Int Urol Nephrol. 2024 Jan;56(1):103-120. doi: 10.1007/s11255-023-03765-0. Epub 2023 Sep 2.
To investigate the effectiveness and safety of device-assisted intravesical chemotherapy compared to Bacillus Calmette-Guerin (BCG) in the treatment of patients with intermediate- and high-risk non-muscle-invasive bladder cancer (NMIBC).
In February 2023, a systematic search was conducted on the PubMed, Cochrane, and Embase databases. Following the PRISMA guidelines, a systematic review and meta-analysis of the primary outcomes of interest were performed. The review was prospectively registered on PROSPERO under the registration number CRD42023398559.
A total of 10 studies involving 1160 patients were included. The results of the meta-analysis showed that compared to BCG, device-assisted chemotherapy had a lower recurrence rate (OR: 0.63, 95% CI: 0.48-0.84, p = 0.001), longer recurrence-free survival (OR: 0.64, 95% CI: 0.47-0.88, p = 0.006), and lower incidence of fever (OR: 0.18, 95% CI: 0.08-0.44, p = 0.0002). However, no significant differences were observed between the two groups in terms of progression, overall survival, progression-free survival, disease-free survival, overall adverse events, serious adverse events, hematuria, allergy, and general discomfort. Subgroup analysis revealed that neither chemohyperthermia (CHT) nor electromotive drug administration (EMDA) showed statistically significant differences in oncological outcomes compared to BCG. Regarding adverse events, both CHT and EMDA groups showed lower rates of fever compared to the BCG group (OR: 0.26, 95% CI: 0.10-0.67, p = 0.005, and OR: 0.14, 95% CI: 0.05-0.37, p < 0.0001, respectively). No significant differences were observed in the remaining adverse events between either the CHT or EMDA group and the BCG group.
Device-assisted intravesical chemotherapy appears to be a safe and viable alternative to BCG for patients with intermediate and high-risk NMIBC, showing comparable oncological outcomes and adverse events.
研究与卡介苗(BCG)相比,器械辅助膀胱内化疗在治疗中高危非肌肉浸润性膀胱癌(NMIBC)患者中的疗效和安全性。
2023 年 2 月,对 PubMed、Cochrane 和 Embase 数据库进行系统检索。
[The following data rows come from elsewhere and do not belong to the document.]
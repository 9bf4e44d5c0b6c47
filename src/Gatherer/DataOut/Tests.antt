-- ===== src/Gatherer/DataOut/Tests.antt =====
-- Runs of the data-out protocol for a block of two packets, and the theorems at it.
use spi_nnfront_end_common.Common.{
  ◌++◌, length, replicate, ◌≡◌, refl, true, false, none, some, List, [], ◌∷◌, ok, arith,
}
use spi_nnfront_end_common.Common.Words.{Bytes, pack_words, unpack_word}
use spi_nnfront_end_common.Gatherer.{Gatherer, Placement, Event, packet, timeout, ceildiv}
use spi_nnfront_end_common.Gatherer.DataOut.Requests.{
  request_missing, determine_and_retransmit_missing_seq_nums, missing_seq_nums, missing_from,
  n_packets_for, send_requests, make_data_out_message,
}
use spi_nnfront_end_common.Gatherer.DataOut.Receive.{
  get_data, transfer, receive_data, on_event, on_packet, on_timeout, process_data, at_end,
  ask_again, clear_transfer,
}
use spi_nnfront_end_common.Gatherer.DataOut.Output.{
  start_reception, calculate_max_seq_num, check, write_payload, write_into_view, offset_of,
}
use spi_nnfront_end_common.Common.Numbers.{add, member}
use spi_nnfront_end_common.Gatherer.DataOut.Spliced.{bare_end, core_packet}
use spi_nnfront_end_common.Gatherer.DataOut.Integrity.{
  Delivers, nothing, with_bytes, end_only, lost, get_data-exact,
}
use spi_nnfront_end_common.Gatherer.DataOut.Requested.{Requested, request_missing-Requested}

abbrev monitor_core : Placement
monitor_core = record { x = 1; y = 1; p = 4 }

abbrev gatherer : Gatherer
gatherer = record {
  known_placement = some (record { x = 0; y = 0; p = 3 });
  transaction_id = 5;
  coord_word = none;
  max_seq_num = 0;
  missing_seq_nums_data_in = [];
  output = none;
}

-- One full packet, and eight bytes.
abbrev block : Bytes
block = replicate 264 7 ++ 1 ∷ 2 ∷ 3 ∷ 4 ∷ 5 ∷ 6 ∷ 7 ∷ 8 ∷ []

-- The flagged packet 1 while packet 0 is lost, which is asked for, again after a timeout, and sent; the
-- core ends that with the number after 0.
abbrev events : List Event
events =
    packet (core_packet block 9 1 true)
    ∷ timeout
    ∷ packet (core_packet block 9 0 false)
    ∷ packet (bare_end 9 1)
    ∷ []

events-Delivers : Delivers 9 block [] events
unfolding member
events-Delivers = with_bytes [] 1 true _ (omega arith) (
    lost (1 ∷ []) _ (
      with_bytes (1 ∷ []) 0 false _ (omega arith)
        (end_only (0 ∷ 1 ∷ []) 1 [] (omega arith) refl (nothing (1 ∷ 0 ∷ 1 ∷ [])))))

run_returns : (get_data gatherer 8 monitor_core 4096 (length block) events).1 ≡ ok (some block)
unfolding get_data transfer receive_data on_event on_packet on_timeout process_data at_end ask_again
    clear_transfer start_reception calculate_max_seq_num check write_payload write_into_view
    offset_of determine_and_retransmit_missing_seq_nums missing_seq_nums missing_from
    request_missing n_packets_for send_requests make_data_out_message ceildiv pack_words unpack_word
    add member
run_returns = refl

get_data-exact_example : block ≡ block
get_data-exact_example =
    get_data-exact gatherer 8 monitor_core 4096 block events block events-Delivers run_returns

request_missing-Requested_example :
    Requested monitor_core 9 (4 ∷ 7 ∷ []) (request_missing monitor_core 9 (4 ∷ 7 ∷ [])).0
    × ((request_missing monitor_core 9 (4 ∷ 7 ∷ [])).1 ≡ ok false)
request_missing-Requested_example =
    request_missing-Requested monitor_core 9 4 (7 ∷ []) (omega arith)
      (omega arith, (omega arith, tt)) (omega arith)
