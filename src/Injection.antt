-- ===== src/Injection.antt =====
-- The source that injects keys at given times (spinn_front_end_common/utility_models/
-- reverse_ip_tag_multicast_source_machine_vertex.py). `Source` fills the region of keys to send,
-- `Rates` is how many keys it plans for.
pub mod Source
pub mod Rates
pub mod Masks
pub mod Masked
pub mod Filled
pub mod Fresh
pub mod Counted
pub mod Planned
pub mod Covered
pub mod Loaded
mod Tests
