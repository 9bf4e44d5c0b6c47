-- ===== src/Injection/Source.antt =====
-- The state of the source and filling its buffer (spinn_front_end_common/utility_models/
-- reverse_ip_tag_multicast_source_machine_vertex.py). The keys of the slice come from another package,
-- and are an argument.
use spi_nnfront_end_common.Common.{
  ℕ, zero, suc, ◌+◌, Bool, true, false, not, ◌&&◌, Option, none, some, List, [], ◌∷◌, Result, ok,
  err, index_error, assertion_error, configuration_exception, ltb, leb, ◌==◌, if◌then◌else◌, length,
  get_elem?, ◌>>=◌, ◌>>◌, raise_if,
}
use spi_nnfront_end_common.Buffers.Region.{
  BufferedSendingRegion, empty_region, insort, add_key, add_keys, clear,
}

-- `_send_buffer_times`: one list for all keys, or a list for each.
pub data Times : Type 0 where
  same_times : List ℕ → Times
  array_list : List (List ℕ) → Times

pub record Source : Type 0 where
  pub n_keys : ℕ
  pub virtual_key : Option ℕ
  pub send_buffer : Option BufferedSendingRegion
  pub send_buffer_times : Option Times
  pub first_machine_time_step : Option ℕ
  pub run_until_timesteps : Option ℕ

-- `if len(send_buffer_times) != self._n_keys`, for a list of lists that is not empty.
abbrev pub has_expected_length : ℕ → Times → Bool
has_expected_length n_keys (same_times times) = true
has_expected_length n_keys (array_list []) = true
has_expected_length n_keys (array_list (ts ∷ tss)) = length (ts ∷ tss) == n_keys

unfoldable pub install_send_buffer : Times → Source → Result Source
install_send_buffer times s = do
  raise_if (not (has_expected_length s.n_keys times)) configuration_exception
  ok (record s { send_buffer = some empty_region; send_buffer_times = some times })

unfoldable pub clear_send_buffer : Source → Source
clear_send_buffer s = record s { send_buffer = none; send_buffer_times = none }

-- The setter of `send_buffer_times`.
unfoldable pub set_send_buffer_times : Option Times → Source → Result Source
set_send_buffer_times none s = ok (clear_send_buffer s)
set_send_buffer_times (some times) s = install_send_buffer times s

abbrev pub is_in_range : ℕ → ℕ → Option ℕ → Bool
is_in_range step first_step none = true
is_in_range step first_step (some end_step) = leb first_step step && ltb step end_step

abbrev pub same_step : Option ℕ → Option ℕ → Bool
same_step none none = true
same_step (some a) (some b) = a == b
same_step _ _ = false

-- `sorted(times)`
unfoldable pub sorted_times : List ℕ → List ℕ
sorted_times [] = []
sorted_times (t ∷ ts) = insort t (sorted_times ts)

-- The loop over the ticks of one atom.
unfoldable pub add_ticks : ℕ → Option ℕ → ℕ → List ℕ → BufferedSendingRegion → BufferedSendingRegion
add_ticks first end_step key [] region = region
add_ticks first end_step key (tick ∷ ticks) region =
    add_ticks first end_step key ticks
      (if is_in_range tick first end_step then add_key tick key region else region)

abbrev pub item {ℓ} : {A : Type ℓ} → Option A → Result A
item none = err index_error
item (some a) = ok a

-- The loop over `n` atoms from `atom` on.
unfoldable pub add_atoms :
    ℕ
    → Option ℕ
    → List ℕ
    → List (List ℕ)
    → ℕ
    → ℕ
    → BufferedSendingRegion
    → Result BufferedSendingRegion
add_atoms first end_step keys times zero atom region = ok region
add_atoms first end_step keys times (suc n) atom region = do
  ticks ← item (get_elem? times atom)
  key ← item (get_elem? keys atom)
  add_atoms first end_step keys times n (atom + 1)
      (add_ticks first end_step key (sorted_times ticks) region)

-- The loop over the ticks where all atoms have the same.
unfoldable pub add_ticks_for_all :
    ℕ → Option ℕ → List ℕ → List ℕ → BufferedSendingRegion → BufferedSendingRegion
add_ticks_for_all first end_step keys [] region = region
add_ticks_for_all first end_step keys (tick ∷ ticks) region =
    add_ticks_for_all first end_step keys ticks
      (if is_in_range tick first end_step then add_keys tick keys region else region)

abbrev pub key_or_zero : Option ℕ → ℕ
key_or_zero none = 0
key_or_zero (some key) = key

module _ (get_keys : ℕ → ℕ → List ℕ) where
  -- `_fill_send_buffer_1d` and `_fill_send_buffer_2d`
  abbrev pub fill_times :
      ℕ → Option ℕ → ℕ → ℕ → Times → BufferedSendingRegion → Result BufferedSendingRegion
  fill_times first end_step n_keys key_base (same_times []) region = ok region
  fill_times first end_step n_keys key_base (same_times (t ∷ ts)) region =
      if same_step (some first) end_step
      then ok region
      else ok (
          add_ticks_for_all first end_step (get_keys key_base n_keys) (sorted_times (t ∷ ts))
            region)
  fill_times first end_step n_keys key_base (array_list []) region = ok region
  fill_times first end_step n_keys key_base (array_list (ts ∷ tss)) region =
      if same_step (some first) end_step
      then ok region
      else add_atoms first end_step (get_keys key_base n_keys) (ts ∷ tss) n_keys 0 region

  abbrev pub fill_buffer :
      ℕ
      → Option ℕ
      → ℕ
      → ℕ
      → Option Times
      → Option BufferedSendingRegion
      → Result (Option BufferedSendingRegion)
  fill_buffer first end_step n_keys key_base none none = ok none
  fill_buffer first end_step n_keys key_base none (some region) = ok (some (clear region))
  fill_buffer first end_step n_keys key_base (some (same_times [])) none = ok none
  fill_buffer first end_step n_keys key_base (some (array_list [])) none = ok none
  fill_buffer first end_step n_keys key_base (some _) none = err assertion_error
  fill_buffer first end_step n_keys key_base (some times) (some region) = do
    filled ← fill_times first end_step n_keys key_base times (clear region)
    ok (some filled)

  -- The first time step of the run and its end are those of the data view.
  unfoldable pub fill_send_buffer : ℕ → Option ℕ → Source → Result Source
  fill_send_buffer first end_step s =
      if same_step s.first_machine_time_step (some first)
        && same_step s.run_until_timesteps end_step
      then ok s
      else do
        buffer ←
            fill_buffer first end_step s.n_keys (key_or_zero s.virtual_key) s.send_buffer_times
              s.send_buffer
        ok (record s {
          first_machine_time_step = some first;
          run_until_timesteps = end_step;
          send_buffer = buffer;
        })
根据 PRISMA 指南,对主要结局进行系统评价和荟萃分析。该综述前瞻性地在 PROSPERO 上以注册号 CRD42023398559 进行了注册。
共纳入 10 项研究,涉及 1160 名患者。荟萃分析结果显示,与 BCG 相比,器械辅助化疗具有更低的复发率(OR:0.63,95%CI:0.48-0.84,p=0.001)、更长的无复发生存时间(OR:0.64,95%CI:0.47-0.88,p=0.006)和更低的发热发生率(OR:0.18,95%CI:0.08-0.44,p=0.0002)。然而,两组在进展、总生存、无进展生存、无病生存、总体不良事件、严重不良事件、血尿、过敏和一般不适方面无显著差异。亚组分析显示,与 BCG 相比,化疗热疗(CHT)和电动力药物输送(EMDA)在肿瘤学结局方面均无统计学差异。关于不良事件,CHT 和 EMDA 组与 BCG 组相比,发热发生率均较低(OR:0.26,95%CI:0.10-0.67,p=0.005,OR:0.14,95%CI:0.05-0.37,p<0.0001)。CHT 或 EMDA 组与 BCG 组之间的其余不良事件无显著差异。
器械辅助膀胱内化疗似乎是中高危 NMIBC 患者替代 BCG 的一种安全可行的方法,具有相似的肿瘤学结局和不良事件。